Server port in Server settings must as 443

Please try
Come back phpBB with phpBBVietnam
User avatar
nhseacoast
Registered User
Posts: 625
Joined: Sun Sep 22, 2002 10:31 pm
Location: NH, USA
Contact:

Re: SSL server/cookie settings

Post by nhseacoast »

I reinstalled my entire board including the DB.

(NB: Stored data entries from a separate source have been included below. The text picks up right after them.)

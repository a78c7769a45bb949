-- ===== src/Base/Sort.antt =====
-- `sort.Slice` on sequence numbers, as an insertion sort: an ascending list of numbers is
-- determined by its items, so any sorting algorithm returns the same.
use mathlib.Core.Path.{◌≡◌, refl, sym, ap, subst, ◌∙◌}
use mathlib.Core.Bool.{true, false}
use mathlib.Core.Logic.{inl, inr}
use mathlib.Core.List.{List, [], ◌∷◌, Permᴰ}
use mathlib.Core.List.Permᴰ.{refl as Perm_refl}
use native.Mathlib.Omega.{arith}
use bepper.Base.Tests.{if◌then◌else◌, Bool-cases}
use bepper.Base.Int.{ℤ, ltb_ℤ, not-ltb_ℤ→≤ℤ, ≤ℤ_antisymm}

insert_ascending : ℤ → List ℤ → List ℤ
insert_ascending a [] = a ∷ []
insert_ascending a (b ∷ xs) =
    let rest = insert_ascending a xs in if ltb_ℤ b a then b ∷ rest else a ∷ b ∷ xs

unfoldable pub sort : List ℤ → List ℤ
unfolding insert_ascending
sort [] = []
sort (a ∷ xs) = insert_ascending a (sort xs)

insert_ascending-Perm : (a : ℤ) (xs : List ℤ) → Permᴰ (insert_ascending a xs) (a ∷ xs)
unfolding insert_ascending
insert_ascending-Perm a [] = Perm_refl _
insert_ascending-Perm a (b ∷ xs) = elim (Bool-cases (ltb_ℤ b a)) [
  | inl less ↦
      rw less (Permᴰ.trans (Permᴰ.cons refl (insert_ascending-Perm a xs)) (Permᴰ.swap refl refl))
  | inr not_less ↦ rw not_less (Perm_refl _)
]

pub sort-Perm : (xs : List ℤ) → Permᴰ (sort xs) xs
unfolding sort
sort-Perm [] = Permᴰ.nil
sort-Perm (a ∷ xs) =
    Permᴰ.trans (insert_ascending-Perm a (sort xs)) (Permᴰ.cons refl (sort-Perm xs))

-- Numbers of which neither is less are the same.
neither_less : (a b : ℤ) → ltb_ℤ a b ≡ false → ltb_ℤ b a ≡ false → a ≡ b
neither_less a b h k = ≤ℤ_antisymm a b (not-ltb_ℤ→≤ℤ b a k) (not-ltb_ℤ→≤ℤ a b h)

ltb_ℤ_asymm : (a b : ℤ) → ltb_ℤ a b ≡ true → ltb_ℤ b a ≡ false
ltb_ℤ_asymm a b h = ground arith

ltb_ℤ_trans : (a b c : ℤ) → ltb_ℤ a b ≡ true → ltb_ℤ b c ≡ true → ltb_ℤ a c ≡ true
ltb_ℤ_trans a b c h k = ground arith

-- How an item goes into a list, by its first item.
insert_less :
    (a b : ℤ) (xs : List ℤ)
    → ltb_ℤ b a ≡ true
    → insert_ascending a (b ∷ xs) ≡ b ∷ insert_ascending a xs
unfolding insert_ascending
insert_less a b xs h = rw h

insert_not_less :
    (a b : ℤ) (xs : List ℤ) → ltb_ℤ b a ≡ false → insert_ascending a (b ∷ xs) ≡ a ∷ b ∷ xs
unfolding insert_ascending
insert_not_less a b xs h = rw h

-- Two items before which a list does not change.
insert_both :
    (a b : ℤ) (xs : List ℤ)
    → ltb_ℤ a b ≡ true
    → insert_ascending a xs ≡ a ∷ xs
    → insert_ascending b xs ≡ b ∷ xs
    → insert_ascending a (insert_ascending b xs) ≡ insert_ascending b (insert_ascending a xs)
insert_both a b xs less pa pb =
    rw (pb, pa)
      (rw (insert_not_less a b xs (ltb_ℤ_asymm a b less)) (rw (insert_less b a xs less, pb)))

insert_same_front :
    (a b : ℤ) (xs : List ℤ)
    → insert_ascending a xs ≡ a ∷ xs
    → insert_ascending b xs ≡ b ∷ xs
    → insert_ascending a (insert_ascending b xs) ≡ insert_ascending b (insert_ascending a xs)
insert_same_front a b xs pa pb = elim (Bool-cases (ltb_ℤ a b)) [
  | inl less ↦ insert_both a b xs less pa pb
  | inr h ↦ elim (Bool-cases (ltb_ℤ b a)) [
    | inl less ↦ sym (insert_both b a xs less pb pa)
    | inr k ↦
        subst
          (λ x.
            insert_ascending a (insert_ascending x xs) ≡ insert_ascending x (insert_ascending a xs))
          (neither_less a b h k) refl
  ]
]

less_around : (a b c : ℤ) → ltb_ℤ c a ≡ true → ltb_ℤ c b ≡ false → ltb_ℤ b a ≡ true
less_around a b c h k = ground arith

-- The front item `c` stands between the two.
insert_around :
    (a b c : ℤ) (xs : List ℤ)
    → ltb_ℤ c a ≡ true
    → ltb_ℤ c b ≡ false
    → insert_ascending a (insert_ascending b (c ∷ xs))
      ≡ insert_ascending b (insert_ascending a (c ∷ xs))
insert_around a b c xs h k =
    rw (insert_not_less b c xs k, insert_less a c xs h)
      (rw
        (
          insert_less a b (c ∷ xs) (less_around a b c h k),
          insert_not_less b c (insert_ascending a xs) k,
        )
        (rw (insert_less a c xs h) refl))

insert_ascending_comm :
    (a b : ℤ) (xs : List ℤ)
    → insert_ascending a (insert_ascending b xs) ≡ insert_ascending b (insert_ascending a xs)
insert_ascending_comm a b [] =
    insert_same_front a b [] (unfold insert_ascending in refl) (unfold insert_ascending in refl)
insert_ascending_comm a b (c ∷ xs) = elim (Bool-cases (ltb_ℤ c a)) [
  | inl h ↦ elim (Bool-cases (ltb_ℤ c b)) [
    | inl k ↦
        rw (insert_less b c xs k, insert_less a c xs h)
          (rw (insert_less a c (insert_ascending b xs) h, insert_less b c (insert_ascending a xs) k)
            (ap (λ l. c ∷ l) (insert_ascending_comm a b xs)))
    | inr k ↦ insert_around a b c xs h k
  ]
  | inr h ↦ elim (Bool-cases (ltb_ℤ c b)) [
    | inl k ↦ sym (insert_around b a c xs k h)
    | inr k ↦ insert_same_front a b (c ∷ xs) (insert_not_less a c xs h) (insert_not_less b c xs k)
  ]
]

-- The order of the items does not matter.
pub sort-eq : (xs ys : List ℤ) → Permᴰ xs ys → sort xs ≡ sort ys
unfolding sort
sort-eq _ _ Permᴰ.nil = refl
sort-eq _ _ (Permᴰ.cons {b} {l₁} {l₂} p h) = rw p (ap (insert_ascending b) (sort-eq l₁ l₂ h))
sort-eq _ _ (Permᴰ.swap {a' = c} {b' = d} {l} p q) = rw (p, q) (insert_ascending_comm d c (sort l))
sort-eq _ _ (Permᴰ.trans {l₁} {l₂} {l₃} h k) = sort-eq l₁ l₂ h ∙ sort-eq l₂ l₃ k

pub sort-one : (a : ℤ) → sort (a ∷ []) ≡ a ∷ []
unfolding sort insert_ascending
sort-one a = refl

-- A number that is not greater than the first of a sorted list goes before it.
pub sort-not_less :
    (a b : ℤ) (xs : List ℤ)
    → ltb_ℤ b a ≡ false
    → sort (b ∷ xs) ≡ b ∷ xs
    → sort (a ∷ b ∷ xs) ≡ a ∷ b ∷ xs
unfolding sort
sort-not_less a b xs h k = ap (insert_ascending a) k ∙ insert_not_less a b xs h
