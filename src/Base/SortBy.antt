-- ===== src/Base/SortBy.antt =====
-- A stable sort by an order that is given by what goes strictly before what: the items that the order
-- does not tell apart stay as they were arranged.
use mathlib.Core.Path.{◌≡◌, refl, subst}
use mathlib.Core.Bool.{Bool, true, false}
use mathlib.Core.Logic.{inl, inr}
use mathlib.Core.List.{List, [], ◌∷◌, ◌++◌, Permᴰ}
use mathlib.Core.List.Permᴰ.{refl as Perm_refl, symm}
use bepper.Base.Tests.{if◌then◌else◌, Bool-cases}
use bepper.Base.Lists.{All, All-map}

module _ {A : Type 0} (before : A → A → Bool) where
  unfoldable pub insert_sorted : A → List A → List A
  insert_sorted a [] = a ∷ []
  insert_sorted a (b ∷ xs) =
      let rest = insert_sorted a xs in if before b a then b ∷ rest else a ∷ b ∷ xs

  unfoldable pub sort_by : List A → List A
  sort_by [] = []
  sort_by (a ∷ xs) = insert_sorted a (sort_by xs)

  insert_sorted-Perm : (a : A) (xs : List A) → Permᴰ (insert_sorted a xs) (a ∷ xs)
  unfolding insert_sorted
  insert_sorted-Perm a [] = Perm_refl _
  insert_sorted-Perm a (b ∷ xs) = elim (Bool-cases (before b a)) [
    | inl less ↦
        rw less (Permᴰ.trans (Permᴰ.cons refl (insert_sorted-Perm a xs)) (Permᴰ.swap refl refl))
    | inr not_less ↦ rw not_less (Perm_refl _)
  ]

  pub sort_by-Perm : (xs : List A) → Permᴰ (sort_by xs) xs
  unfolding sort_by
  sort_by-Perm [] = Permᴰ.nil
  sort_by-Perm (a ∷ xs) =
      Permᴰ.trans (insert_sorted-Perm a (sort_by xs)) (Permᴰ.cons refl (sort_by-Perm xs))

  -- No later item goes before an earlier one.
  abbrev pub Sorted : List A → Type 0
  Sorted [] = Unit
  Sorted (a ∷ xs) = All (λ later. before later a ≡ false) xs × Sorted xs

  -- What holds of all items does so in any order.
  pub All-Perm : (P : A → Type 0) (xs ys : List A) → Permᴰ xs ys → All P xs → All P ys
  All-Perm P _ _ Permᴰ.nil h = h
  All-Perm P _ _ (Permᴰ.cons {l₁} {l₂} p perm) (h, hs) = (subst P p h, All-Perm P l₁ l₂ perm hs)
  All-Perm P _ _ (Permᴰ.swap p q) (h, (k, hs)) = (subst P q k, (subst P p h, hs))
  All-Perm P _ _ (Permᴰ.trans {l₁} {l₂} {l₃} f g) h = All-Perm P l₂ l₃ g (All-Perm P l₁ l₂ f h)

  All-back : (P : A → Type 0) (front back : List A) → All P (front ++ back) → All P back
  All-back P [] back k = k
  All-back P (z ∷ front) back (k, ks) = All-back P front back ks

  -- Of a sorted list, no item of a later part goes before one of the part before it.
  pub All-after :
      (xs ys : List A) → Sorted (xs ++ ys) → All (λ x. All (λ y. before y x ≡ false) ys) xs
  All-after [] ys h = tt
  All-after (x ∷ xs) ys (h, hs) = (All-back (λ y. before y x ≡ false) xs ys h, All-after xs ys hs)

  -- The laws of an order by a key.
  module _ (asym : (a b : A) → before a b ≡ true → before b a ≡ false)
      (chain : (a b c : A) → before b a ≡ false → before c b ≡ false → before c a ≡ false) where
    insert_sorted-Sorted : (a : A) (xs : List A) → Sorted xs → Sorted (insert_sorted a xs)
    unfolding insert_sorted
    insert_sorted-Sorted a [] h = (tt, tt)
    insert_sorted-Sorted a (b ∷ xs) (h, hs) = elim (Bool-cases (before b a)) [
      | inl less ↦
          let smallest =
            All-Perm (λ later. before later b ≡ false) (a ∷ xs) (insert_sorted a xs)
              (symm (insert_sorted-Perm a xs)) (asym b a less, h) in
          rw less (smallest, insert_sorted-Sorted a xs hs)
      | inr not_less ↦
          let all =
            All-map (λ later. before later b ≡ false) (λ later. before later a ≡ false)
              (λ later k. chain a b later not_less k) xs h in
          rw not_less ((not_less, all), (h, hs))
    ]

    pub sort_by-Sorted : (xs : List A) → Sorted (sort_by xs)
    unfolding sort_by
    sort_by-Sorted [] = tt
    sort_by-Sorted (a ∷ xs) = insert_sorted-Sorted a (sort_by xs) (sort_by-Sorted xs)
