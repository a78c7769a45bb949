-- ===== src/Blobstore/Compression.antt =====
-- src/blobstore/blobstore.go: Compress and Decompress, over the package compress/gzip.
use bepper.Base.{joined, ℕ, ◌≡◌, refl, Option, none, some, List, [], ◌∷◌, ◌++◌}
use bepper.Base.Result.{Result, ok, err, ◌>>=◌}
use bepper.Blobstore.{Bytes, Error}

-- A gzip.Writer hands blocks of its output to the writer below it, at a Write and at Close; a
-- gzip.Reader is made of all the compressed bytes here, and read to the end.
pub record Gzip : Type 1 where
  pub Writer : Type 0
  pub Reader : Type 0
  pub new_writer : Writer
  pub write : Bytes → Writer → Result Error ℕ × (List Bytes × Writer)
  pub close : Writer → Option Error × List Bytes
  pub new_reader : Bytes → Result Error Reader
  pub read_all : Reader → Result Error Bytes

module _ (gzip : Gzip) where
  -- A Write to a gzip.Writer over a buffer, which takes all of its output.
  abbrev pub buffered :
      Result Error ℕ × (List Bytes × gzip.Writer) → Bytes → Result Error (Bytes × gzip.Writer)
  buffered (err e, out) buf = err e
  buffered (ok n, (out, w)) buf = ok (buf ++ joined out, w)

  abbrev pub flushed : Option Error × List Bytes → Bytes → Result Error Bytes
  flushed (some e, out) buf = err e
  flushed (none, out) buf = ok (buf ++ joined out)

  unfoldable pub compress : Bytes → Result Error Bytes
  compress bytes = do
    written ← buffered (gzip.write bytes gzip.new_writer) []
    flushed (gzip.close written.1) written.0

  -- What was read before, or the error of reading it, comes in.
  unfoldable pub decompress : Result Error Bytes → Result Error Bytes
  decompress read = do bytes ← read; gz ← gzip.new_reader bytes; gzip.read_all gz

  -- The output of a gzip.Writer that is given these chunks, from a buffer with some output on.
  unfoldable pub deflated_from : List Bytes → gzip.Writer → Bytes → Result Error Bytes
  deflated_from [] w buf = flushed (gzip.close w) buf
  deflated_from (p ∷ chunks) w buf =
      buffered (gzip.write p w) buf >>= λ written. deflated_from chunks written.1 written.0

  abbrev pub deflated : List Bytes → Result Error Bytes
  deflated chunks = deflated_from chunks gzip.new_writer []

  -- Decompression gives back what was compressed, however it was divided into writes.
  abbrev pub Inflates : Type 0
  Inflates =
      (chunks : List Bytes) (out : Bytes)
      → deflated chunks ≡ ok out
      → decompress (ok out) ≡ ok (joined chunks)

  pub compress-deflated : (bytes : Bytes) → compress bytes ≡ deflated (bytes ∷ [])
  unfolding compress deflated_from
  compress-deflated bytes = refl

  pub buffered-ok :
      (out : Result Error ℕ × (List Bytes × gzip.Writer)) (buf : Bytes) (n : ℕ)
      → out.0 ≡ ok n
      → buffered out buf ≡ ok (buf ++ joined out.1.0, out.1.1)
  buffered-ok (err e, out) buf n h = cc
  buffered-ok (ok m, (blocks, gz)) buf n h = refl
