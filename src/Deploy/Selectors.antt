-- ===== src/Deploy/Selectors.antt =====
-- Which pods the service of a round leads to (controllers/deploy, controllers/core/context.go).
use cloudrun.Base.{
  ℕ, pos, ◌≡◌, refl, sym, ◌↔◌, String, ◌===◌, eq_iff, eq_refl, show_int, show_ℕ, show_ℕ-injective,
  Bool, true, false, ◌&&◌, Option, none, some, [], ◌∷◌, Dict, lookup, arith,
}
use cloudrun.Cluster.Client.{Cluster}
use cloudrun.Core.Context.{Context, get_service_labels, name, new_object_meta}
use cloudrun.Deploy.Template.{pod_meta}

abbrev pub has_label : Option Dict → String → String → Bool
has_label none k v = false
has_label (some d) k v = elim (lookup k d) [ none ↦ false | some w ↦ w === v ]

-- Does a pod with these labels fit the selector? Each of its pairs is a label.
abbrev pub selects : Dict → Option Dict → Bool
selects [] labels = true
selects ((k, v) ∷ sel) labels = has_label labels k v && selects sel labels

module _ (K : Cluster) (ctx : Context) where
  show_int-eq : (n m : ℕ) → (show_int (pos m) === show_int (pos n)) ≡ true → n ≡ m
  unfolding show_int
  show_int-eq n m h = sym (show_ℕ-injective m n ((eq_iff (show_ℕ m) (show_ℕ n)).0 h))

  -- The selector of a service in a round (not negative) fits the pods that the deployer makes for a
  -- service in that same round, and no others of its pods: neither those of other rounds nor those
  -- of a job.
  pub get_service_labels-selects :
      (n m : ℕ) (is_service : Bool)
      → (selects (get_service_labels ctx (pos n)) (pod_meta K ctx is_service (pos m)).labels ≡ true)
        ↔ ((n ≡ m) × (is_service ≡ true))
  unfolding get_service_labels new_object_meta
  get_service_labels-selects n m true = (
    (λ h. (show_int-eq n m (ground (arith, eq_refl (name ctx))), refl)),
    λ h. rw (h.0, eq_refl (name ctx), eq_refl (show_int (pos m))) refl,
  )
  get_service_labels-selects n m false = ((λ h. ground arith), λ h. ground arith)
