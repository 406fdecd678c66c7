-- ===== src/Deploy/Split.antt =====
-- The containers of a deployer's pods (controllers/deploy/deployer.go, `newPodSpec`).
use mathlib.Core.List.{append-nil, append_assoc}
use cloudrun.Base.{
  sym, half, show_int, ◌<>◌, ◌≡◌, refl, ◌∙◌, ap, String, Bool, true, false, not, some, List, [],
  ◌∷◌, ◌++◌, if◌then◌else◌,
}
use cloudrun.Api.Deployer.{ContainerSpec, Deployer}
use cloudrun.Cluster.Outcome.{ok}
use cloudrun.Cluster.Workloads.{Container, PodTemplateSpec}
use cloudrun.Cluster.Client.{Cluster}
use cloudrun.Cluster.Crd.{Run}
use cloudrun.Core.Context.{Context}
use cloudrun.Types.{CommonStatus}
use cloudrun.Deploy.Names.{current_round}
use cloudrun.Deploy.Template.{new_pod_spec, requirements, split_containers, to_container}

-- What a pod runs, by name and image.
abbrev pub images : List Container → List (String × String)
images [] = []
images (c ∷ cs) = (c.name, c.image) ∷ images cs

-- The containers of the spec that run first (`true`), or that run then (`false`), in its order.
abbrev pub wanted : Bool → List ContainerSpec → List (String × String)
wanted first [] = []
wanted first (c ∷ cs) =
    let rest = wanted first cs in
    if (if c.initial then first else not first) then (c.name, c.image) ∷ rest else rest

images-append : (xs ys : List Container) → images (xs ++ ys) ≡ images xs ++ images ys
images-append [] ys = refl
images-append (x ∷ xs) ys = ap (λ l. (x.name, x.image) ∷ l) (images-append xs ys)

module _ (l : List Container) (made : Container) (c : ContainerSpec) (rest : List (String × String))
    (name : made.name ≡ c.name) (image : made.image ≡ c.image) where
  behind : images (l ++ (made ∷ [])) ++ rest ≡ images l ++ ((c.name, c.image) ∷ rest)
  behind = rw (
    images-append l (made ∷ []),
    append_assoc (images l) ((made.name, made.image) ∷ []) rest,
    name,
    image,
  )

  place :
      (b : Bool)
      → images (if b then l ++ (made ∷ []) else l) ++ rest
        ≡ images l ++ (if (if b then true else false) then (c.name, c.image) ∷ rest else rest)
  place true = behind
  place false = refl

  place_not :
      (b : Bool)
      → images (if b then l else l ++ (made ∷ [])) ++ rest
        ≡ images l ++ (if (if b then false else true) then (c.name, c.image) ∷ rest else rest)
  place_not true = refl
  place_not false = behind

module _ (K : Cluster) where
  abbrev pub IsQuantity : String → Type 0
  IsQuantity text = (q : String) × (K.must_parse text ≡ ok q)

  -- The four texts that the code makes of a container's resources are quantities.
  abbrev pub HasQuantities : ContainerSpec → Type 0
  HasQuantities c =
      IsQuantity (show_int c.resource.cpu <> "m")
      × IsQuantity (show_int c.resource.memory <> "Mi")
      × IsQuantity (show_int (half c.resource.cpu) <> "m")
      × IsQuantity (show_int (half c.resource.memory) <> "Mi")

  abbrev pub Parses : List ContainerSpec → Type 0
  Parses [] = Unit
  Parses (c ∷ cs) = HasQuantities c × Parses cs

  pub to_container-image :
      (c : ContainerSpec) (s : Run K.World Deployer)
      → HasQuantities c
      → (made : Container) × (t : Run K.World Deployer) × (to_container K c s ≡ (ok made, t))
        × (made.name ≡ c.name)
        × (made.image ≡ c.image)
        × (t.self ≡ s.self)
  unfolding to_container requirements
  to_container-image c s ((_, cpu), (_, memory), (_, half_cpu), (_, half_memory)) =
      rw (cpu, memory, half_cpu, half_memory) (_, _, refl, refl, refl, refl)

  pub split_containers-images :
      (cs : List ContainerSpec)
      → Parses cs
      → (inits mains : List Container) (s : Run K.World Deployer)
      → (is : List Container) × (ms : List Container) × (t : Run K.World Deployer)
        × (split_containers K cs inits mains s ≡ (ok (is, ms), t))
        × (images is ≡ images inits ++ wanted true cs)
        × (images ms ≡ images mains ++ wanted false cs)
        × (t.self ≡ s.self)
  unfolding split_containers
  split_containers-images [] h inits mains s = (
    inits,
    mains,
    s,
    refl,
    sym (append-nil (images inits)),
    sym (append-nil (images mains)),
    refl,
  )
  split_containers-images (c ∷ cs) (h, hs) inits mains s =
      let (made, t, e, same, same', still) = to_container-image c s h in
      let (is, ms, u, e', first, then_, still') =
        split_containers-images cs hs (if c.initial then inits ++ (made ∷ []) else inits)
          (if c.initial then mains else mains ++ (made ∷ [])) t in
      (
        is,
        ms,
        u,
        rw e e',
        first ∙ place inits made c (wanted true cs) same same' c.initial,
        then_ ∙ place_not mains made c (wanted false cs) same same' c.initial,
        still' ∙ still,
      )

  -- Where the texts that the code makes of the resources of the containers, in full and by half, are
  -- quantities, and the deployer has a status: the pod of a
  -- round is made, and runs each container of the spec once, by name and image, those marked as
  -- initial first, the others then, each in the spec's order, and nothing else.
  pub new_pod_spec-images :
      (ctx : Context) (is_service : Bool) (s : Run K.World Deployer) (base : CommonStatus)
      → Parses s.self.spec.containers
      → s.self.status.base ≡ some base
      → (pod : PodTemplateSpec) × (t : Run K.World Deployer) × (new_pod_spec K ctx is_service s
          ≡ (ok pod, t))
        × (images pod.spec.init_containers ≡ wanted true s.self.spec.containers)
        × (images pod.spec.containers ≡ wanted false s.self.spec.containers)
  unfolding new_pod_spec current_round
  new_pod_spec-images ctx is_service s base h there =
      let (is, ms, t, e, first, rest, still) =
        split_containers-images s.self.spec.containers h [] [] s in
      rw (e, ap (λ o. o.status.base) still ∙ there) (_, _, refl, first, rest)
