-- ===== src/Shares.antt =====
-- The shares that deployers hold in one resource pool, over sequences of the calls that write it:
-- `BegResource` and `ReleaseResource` (controllers/deploy/deployer.go), and the accounts of the pool
-- (controllers/resourcepool_controller.go).
pub mod System
pub mod Totals
pub mod Safety
pub mod Bag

My question is this....how can I get it to default to SSL even if a user doesn't type https://? Can this be done within the config? I have secure cookies enabled. I don't want to FORCE them to use https just incase they get redirected to http.

Thanks.
http://nhgunforum.com phpBB v3.2.1
http://wtprise.org phpBB v3.3.2
User avatar
Mick
Support Team Member
Support Team Member
Posts: 22964
Joined: Fri Aug 29, 2008 9:49 am
Location: Watching cricket probably.

Re: SSL server/cookie settings

Post by Mick »

Have a search here or Google for ".htaccess redirect", there's a ton of information available.
"The more connected we get the more alone we become" - Kyle Broflovski©
User avatar
nhseacoast
Registered User
Posts: 625
Joined: Sun Sep 22, 2002 10:31 pm
Location: NH, USA
Contact:

Re: SSL server/cookie settings

Post by nhseacoast »

I know that's possible, but wouldn't that force them into https? I don't want users to get errors if they are somehow redirected to http.
I really want https for login, registration and maybe the Contact Admin form.
Thanks.
http://nhgunforum.com phpBB v3.2.1
http://wtprise.org phpBB v3.3.2
User avatar
janus_zonstraal
Registered User
Posts: 5057
Joined: Sat Aug 30, 2014 1:30 pm

Re: SSL server/cookie settings

Post by janus_zonstraal »

nhseacoast wrote:
Thu Aug 24, 2017 9:40 am
I know that's possible, but wouldn't that force them into https? I don't want users to get errors if they are somehow redirected to http.
I really want https for login, registration and maybe the Contact Admin form.
Thanks.
Why not the complete board like here on phpbb.com?
Sorry! My English is bat ;) !!!
RoadKing
Registered User
Posts: 16
Joined: Mon Aug 21, 2017 2:40 pm

Re: SSL server/cookie settings

Post by RoadKing »

nhseacoast wrote:
Thu Aug 24, 2017 2:01 am
I reinstalled my entire board including the DB.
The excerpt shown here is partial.